◆ **Data extract**:
——

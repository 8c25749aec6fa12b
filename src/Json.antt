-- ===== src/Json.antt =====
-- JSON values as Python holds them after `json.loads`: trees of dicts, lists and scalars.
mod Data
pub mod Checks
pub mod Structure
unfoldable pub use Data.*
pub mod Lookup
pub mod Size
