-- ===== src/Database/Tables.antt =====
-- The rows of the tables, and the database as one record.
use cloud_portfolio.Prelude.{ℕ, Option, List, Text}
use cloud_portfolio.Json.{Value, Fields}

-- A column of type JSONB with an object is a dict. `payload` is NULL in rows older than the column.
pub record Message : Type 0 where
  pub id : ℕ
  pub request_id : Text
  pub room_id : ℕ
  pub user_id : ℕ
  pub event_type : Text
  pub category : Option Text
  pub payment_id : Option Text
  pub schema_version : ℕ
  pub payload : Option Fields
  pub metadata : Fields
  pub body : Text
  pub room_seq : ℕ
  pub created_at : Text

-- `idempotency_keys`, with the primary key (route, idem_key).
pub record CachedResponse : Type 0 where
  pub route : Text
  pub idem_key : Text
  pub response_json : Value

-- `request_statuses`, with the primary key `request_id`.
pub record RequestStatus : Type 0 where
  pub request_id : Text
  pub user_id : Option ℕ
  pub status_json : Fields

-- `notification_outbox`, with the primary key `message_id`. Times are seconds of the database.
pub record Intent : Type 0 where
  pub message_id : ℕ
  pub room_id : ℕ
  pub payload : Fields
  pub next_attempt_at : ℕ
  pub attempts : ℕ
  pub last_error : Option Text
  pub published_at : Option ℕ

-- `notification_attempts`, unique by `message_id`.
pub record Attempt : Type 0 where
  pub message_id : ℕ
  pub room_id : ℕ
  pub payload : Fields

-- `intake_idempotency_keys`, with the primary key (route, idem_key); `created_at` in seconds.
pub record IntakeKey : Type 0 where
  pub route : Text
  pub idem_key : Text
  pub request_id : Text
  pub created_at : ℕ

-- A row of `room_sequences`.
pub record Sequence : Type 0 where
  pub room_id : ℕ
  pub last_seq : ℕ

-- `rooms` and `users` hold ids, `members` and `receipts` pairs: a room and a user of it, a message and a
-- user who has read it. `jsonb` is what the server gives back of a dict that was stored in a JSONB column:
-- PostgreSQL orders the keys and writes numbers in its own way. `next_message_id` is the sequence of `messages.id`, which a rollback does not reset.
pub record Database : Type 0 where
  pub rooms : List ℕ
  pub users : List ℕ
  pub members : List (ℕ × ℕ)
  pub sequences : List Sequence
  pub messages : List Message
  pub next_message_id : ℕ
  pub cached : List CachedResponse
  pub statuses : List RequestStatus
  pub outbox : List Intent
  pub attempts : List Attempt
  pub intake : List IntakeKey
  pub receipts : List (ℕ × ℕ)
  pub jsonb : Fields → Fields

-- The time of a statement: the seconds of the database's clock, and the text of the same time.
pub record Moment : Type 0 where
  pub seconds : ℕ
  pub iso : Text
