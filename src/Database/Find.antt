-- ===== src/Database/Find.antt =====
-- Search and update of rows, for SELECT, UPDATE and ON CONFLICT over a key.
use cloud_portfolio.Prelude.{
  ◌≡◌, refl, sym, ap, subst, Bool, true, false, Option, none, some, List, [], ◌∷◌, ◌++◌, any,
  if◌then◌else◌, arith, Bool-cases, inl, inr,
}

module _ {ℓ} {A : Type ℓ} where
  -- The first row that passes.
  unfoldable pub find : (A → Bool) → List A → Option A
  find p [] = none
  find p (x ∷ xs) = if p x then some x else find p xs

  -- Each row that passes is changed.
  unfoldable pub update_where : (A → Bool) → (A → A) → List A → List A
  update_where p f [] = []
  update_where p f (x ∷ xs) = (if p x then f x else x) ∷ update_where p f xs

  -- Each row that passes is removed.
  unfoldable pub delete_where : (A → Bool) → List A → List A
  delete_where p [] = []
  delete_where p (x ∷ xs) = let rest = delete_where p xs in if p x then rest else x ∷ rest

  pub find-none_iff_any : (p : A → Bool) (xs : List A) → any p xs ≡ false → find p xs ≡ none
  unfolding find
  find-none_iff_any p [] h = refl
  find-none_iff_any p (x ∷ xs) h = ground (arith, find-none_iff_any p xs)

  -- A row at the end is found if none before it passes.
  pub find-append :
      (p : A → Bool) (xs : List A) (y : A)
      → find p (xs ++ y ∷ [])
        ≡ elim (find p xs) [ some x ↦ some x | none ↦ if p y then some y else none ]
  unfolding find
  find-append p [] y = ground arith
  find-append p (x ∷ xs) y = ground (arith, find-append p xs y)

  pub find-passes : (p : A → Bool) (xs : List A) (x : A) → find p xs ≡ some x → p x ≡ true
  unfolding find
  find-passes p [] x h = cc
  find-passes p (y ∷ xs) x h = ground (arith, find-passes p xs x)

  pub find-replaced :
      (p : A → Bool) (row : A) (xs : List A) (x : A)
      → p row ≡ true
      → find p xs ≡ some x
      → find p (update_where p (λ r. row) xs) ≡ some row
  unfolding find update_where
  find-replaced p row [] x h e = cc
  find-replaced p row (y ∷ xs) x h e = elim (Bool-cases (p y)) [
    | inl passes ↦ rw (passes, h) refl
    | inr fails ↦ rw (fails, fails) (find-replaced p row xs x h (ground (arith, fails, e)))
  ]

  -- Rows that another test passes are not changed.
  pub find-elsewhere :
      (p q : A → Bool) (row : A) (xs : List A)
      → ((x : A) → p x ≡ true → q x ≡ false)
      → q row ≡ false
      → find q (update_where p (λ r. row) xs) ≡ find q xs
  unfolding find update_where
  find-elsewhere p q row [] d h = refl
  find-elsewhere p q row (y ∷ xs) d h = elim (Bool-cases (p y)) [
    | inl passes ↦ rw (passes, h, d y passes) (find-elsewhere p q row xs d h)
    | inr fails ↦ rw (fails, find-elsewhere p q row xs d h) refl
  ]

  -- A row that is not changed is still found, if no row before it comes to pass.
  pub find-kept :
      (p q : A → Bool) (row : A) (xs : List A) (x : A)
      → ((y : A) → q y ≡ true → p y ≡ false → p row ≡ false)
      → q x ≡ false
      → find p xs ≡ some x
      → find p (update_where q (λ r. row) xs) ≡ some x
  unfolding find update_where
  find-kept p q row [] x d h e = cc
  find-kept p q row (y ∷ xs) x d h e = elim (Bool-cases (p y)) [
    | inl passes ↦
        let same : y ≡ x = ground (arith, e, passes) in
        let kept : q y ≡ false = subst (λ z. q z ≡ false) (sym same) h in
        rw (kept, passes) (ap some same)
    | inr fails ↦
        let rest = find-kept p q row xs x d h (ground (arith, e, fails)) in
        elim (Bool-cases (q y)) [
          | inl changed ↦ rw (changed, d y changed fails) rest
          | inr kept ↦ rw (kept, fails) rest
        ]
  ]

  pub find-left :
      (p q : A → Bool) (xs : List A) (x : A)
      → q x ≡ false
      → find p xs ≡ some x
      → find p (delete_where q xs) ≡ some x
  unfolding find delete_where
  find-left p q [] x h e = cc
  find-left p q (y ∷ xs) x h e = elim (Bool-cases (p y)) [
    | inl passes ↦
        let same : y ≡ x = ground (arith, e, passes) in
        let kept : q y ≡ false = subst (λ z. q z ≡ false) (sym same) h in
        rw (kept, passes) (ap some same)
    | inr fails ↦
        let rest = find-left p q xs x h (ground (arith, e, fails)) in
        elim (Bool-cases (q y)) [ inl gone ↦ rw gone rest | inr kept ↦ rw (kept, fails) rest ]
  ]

——

◆ **What you have to do**:
Scan the material above. Copy each line where "replaced" occurs.

◆ **Answer section**:
  pub find-replaced :
  find-replaced p row [] x h e = cc
  find-replaced p row (y ∷ xs) x h e = elim (Bool-cases (p y)) [
    | inr fails ↦ rw (fails, fails) (find-replaced p row xs x h (ground (arith, fails, e)))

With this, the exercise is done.